Thursday, July 1, 2010

PVCs and ventricular tachycardia in a healthy heart

I recently  received an email from a man who was having runs of ventricular tachycardia and had alot of questions. Here are his questions and my answers in hopes that someone else may benefit too.

His questions are in italics.

I'm a 24 yr old male. Echo, stress test, stress echo, holter, and event monitors have all been normal besides "PVC's and a 26 beat run of ventricular tachycardia at 127bpms that self terminated". I seen an EP today and he said that he thought it to be benign and called it Idiopathic Ventricular Tachycardia and I started asking questions and he said that just to be safe he wants to do an EP study next week. Can you explain an EP study?

An EP study is done to make a "roadmap" of your heart's conduction path. They give you medicine to make you sleepy then they place a catheter through your groin up into your heart. The catheter stimulates various parts of the heart and they can determine what part of the heart the arrythmia is originating from.

Here are some links about EP studies:
http://www.hrspatients.org/patients/heart_tests/electrophysiology_study.asp
http://www.webmd.com/heart-disease/electrophysiology-test

How safe are they to do? If he triggers a deadly arrythmia can they easily terminate it and keep me safe?

They are very safe to do as long as they are done in a EP lab with experienced staff in a center that does a lot of EP studies. You don't say where you are located. They are prepared for any arrythmia that might occur during the test.

What if he has to do an ablation, how safe is that?

Ablations can be done during an EP study. If they find the area of the heart where the arrythmia originates from then it can be "burned" with a special ablation catheter. This is a more specialized procedure and can have more risk but there are centers that do these procedures all the time.

Just how benign is "Idiopathic Ventricular Tachycardia"? Can it develop into V-Fib? How bad is it to have a 26 beat run of v-tach?? Can you share your personal experiences and opinions? I also have been experiencing what feels like angina for about 2 yrs now and thats why I had the whole work up but all the test for that came back negative. ??

Idiopathic ventricular tachycardia is VT with no known cause in a person with a normal heart. There are people who have VT who have a normal heart.

Any VT needs to be investigated. You need an EP study to see where your VT is coming from. Talk to your EP doctor about other tests that may be necessary such as an echocardiogram, TSH blood test. There are certain types of VT that are not likely to develop into VF because of where they originate from. It's possible that is what you have but it's hard to know that without seeing your EKG. Your EP doctor should be able to answer that for you.

26 beats of VT is long BUT (and this is a big BUT) at a rate of 126 it is a VERY SLOW VT which is MUCH less dangerous. Do you have symptoms with your VT?

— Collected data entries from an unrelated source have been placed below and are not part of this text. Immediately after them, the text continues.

-- ===== src/Common/Types.antt =====
-- hft/common/types.h and hft/src/orders.h: sides, order identifiers and order states.
use hft.Prelude.{ℕ, zero, ◌-◌, ◌^◌, Bool, true, false, String, if◌then◌else◌}
use hft.Prelude.Int.{ℤ, pos, negsuc}
use text.Mathlib.Text.{◌==◌ as str_eq}

pub data Side : Type 0 where
  buy sell trade invalid_side : Side

pub data PositionSide : Type 0 where
  long short invalid_position_side : PositionSide

pub data OmOrderState : Type 0 where
  invalid pending_new live pending_cancel dead reserved cancel_reserved : OmOrderState

pub Side-discrete : Discrete Side
Side-discrete = hlevel

abbrev pub is_buy : Side → Bool
is_buy buy = true
is_buy _ = false

-- `sideToValue`
unfoldable pub side_to_value : Side → ℤ
side_to_value s = if is_buy s then pos 1 else negsuc 0

-- `sideToIndex`
abbrev pub side_to_index : Side → ℕ
side_to_index buy = 0
side_to_index sell = 1
side_to_index trade = 2
side_to_index invalid_side = 3

-- `oppIndex`, `idx ^ 1U`, at the two indices that occur
abbrev pub opp_index : ℕ → ℕ
opp_index zero = 1
opp_index _ = 0

-- `positionSideToIndex`
abbrev pub position_side_to_index : PositionSide → ℕ
position_side_to_index long = 0
position_side_to_index short = 1
position_side_to_index invalid_position_side = 2

abbrev pub side_eq : Side → Side → Bool
side_eq buy buy = true
side_eq sell sell = true
side_eq trade trade = true
side_eq invalid_side invalid_side = true
side_eq _ _ = false

abbrev pub position_side_eq : PositionSide → PositionSide → Bool
position_side_eq long long = true
position_side_eq short short = true
position_side_eq invalid_position_side invalid_position_side = true
position_side_eq _ _ = false

-- `kOrderIdInvalid`
abbrev pub order_id_invalid : ℕ
order_id_invalid = 2 ^ 64 - 1

-- `FixedPoint::kInvalidValue`, what a default-constructed price or quantity holds
abbrev pub invalid_value : ℤ
invalid_value = pos (2 ^ 63 - 1)

-- `toString(Side)`
unfoldable pub side_to_string : Side → String
side_to_string buy = "BUY"
side_to_string sell = "SELL"
side_to_string trade = "TRADE"
side_to_string invalid_side = "INVALID"

-- `toSide`
unfoldable pub to_side : String → Side
to_side s =
    if str_eq s "BUY"
    then buy
    else if str_eq s "SELL"
    then sell
    else if str_eq s "TRADE"
    then trade
    else invalid_side

-- `toString(PositionSide)`
unfoldable pub position_side_to_string : PositionSide → String
position_side_to_string long = "LONG"
position_side_to_string short = "SHORT"
position_side_to_string invalid_position_side = "INVALID"

-- `toPositionSide`
unfoldable pub to_position_side : String → PositionSide
to_position_side s =
    if str_eq s "LONG" then long else if str_eq s "SHORT" then short else invalid_position_side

As for my personal experience- it's a scary story but here it is:
http://askthenp.blogspot.com/2010/03/lauras-story-icd-lead-failure.html


also found on my copy of the cardionet report it says sinus rhythm with IVCD (Intraventricular Conduction Delay) and on the Diagnosis part it says (ICD-9): 426.9 conduction disorder, unspecified. sinus rhythm with IVCD shows like 3 different times on the report. and 3 different times had ventricular tachycardia 25 beats, rate 124BPM, all the v-tach reports had 25 beat runs with the highest rate 125BPM. does any of this offer any additional info for this v-tach maybe not being benign? does the IVCD pose more risk to SCD or v-fib with since i had documented v-tach?"


does that long of a run (25beats) make it dangerous? will drinking alot of alcohol make my Idiopathic v-tach dangerous? i've been feeling ALOT of pvc's today, and alot of long runs of them that make me extremely scared, is this common?? what could that be?

thank you SOOO much and appreciate your help and opinions.

Sounds to me like you have a definite VT problem without any specific cause and they need to figure out what the cause is. Once they do that then you will get more answers. When will you be having an EP study?


if they induce V-Fib during EP study can it easily be terminated and brought back to normal or is there a good chance that you could die from it?
They can terminate arrythmias in the EP lab. Just don't think about it. It's easier that way. I remember having the very same fear.


could it be Arrhythmogenic Right Ventricular Dysplasia/Cardiomyopathy? how would that be diagnosed? would that fit my symptoms of left side chest pain, left arm pain, angina and the PVC's and VT and other symptoms that I feel? I have on one of my EKG's it says "T Wave Inversion now evident in Inferior Leads", what does that mean? ARVD?

I think ARVD is diagnosed with biopsy. Cardiomyopathy is seen on an echocardiogram.


I also have came across some information about "Idiopathic Ventricular Fibrillation", and "Primary Ventricular Fibrillation" where it has occured in people with normal hearts, structural and electrical, with normal echos, holters, stress test, ep studies, cardiac mri's, so my question is how can one say that PVC's, and NSVT are benign in NORMAL hearts but they still have these cases of sudden death "v-fib" in people with NORMAL hearts???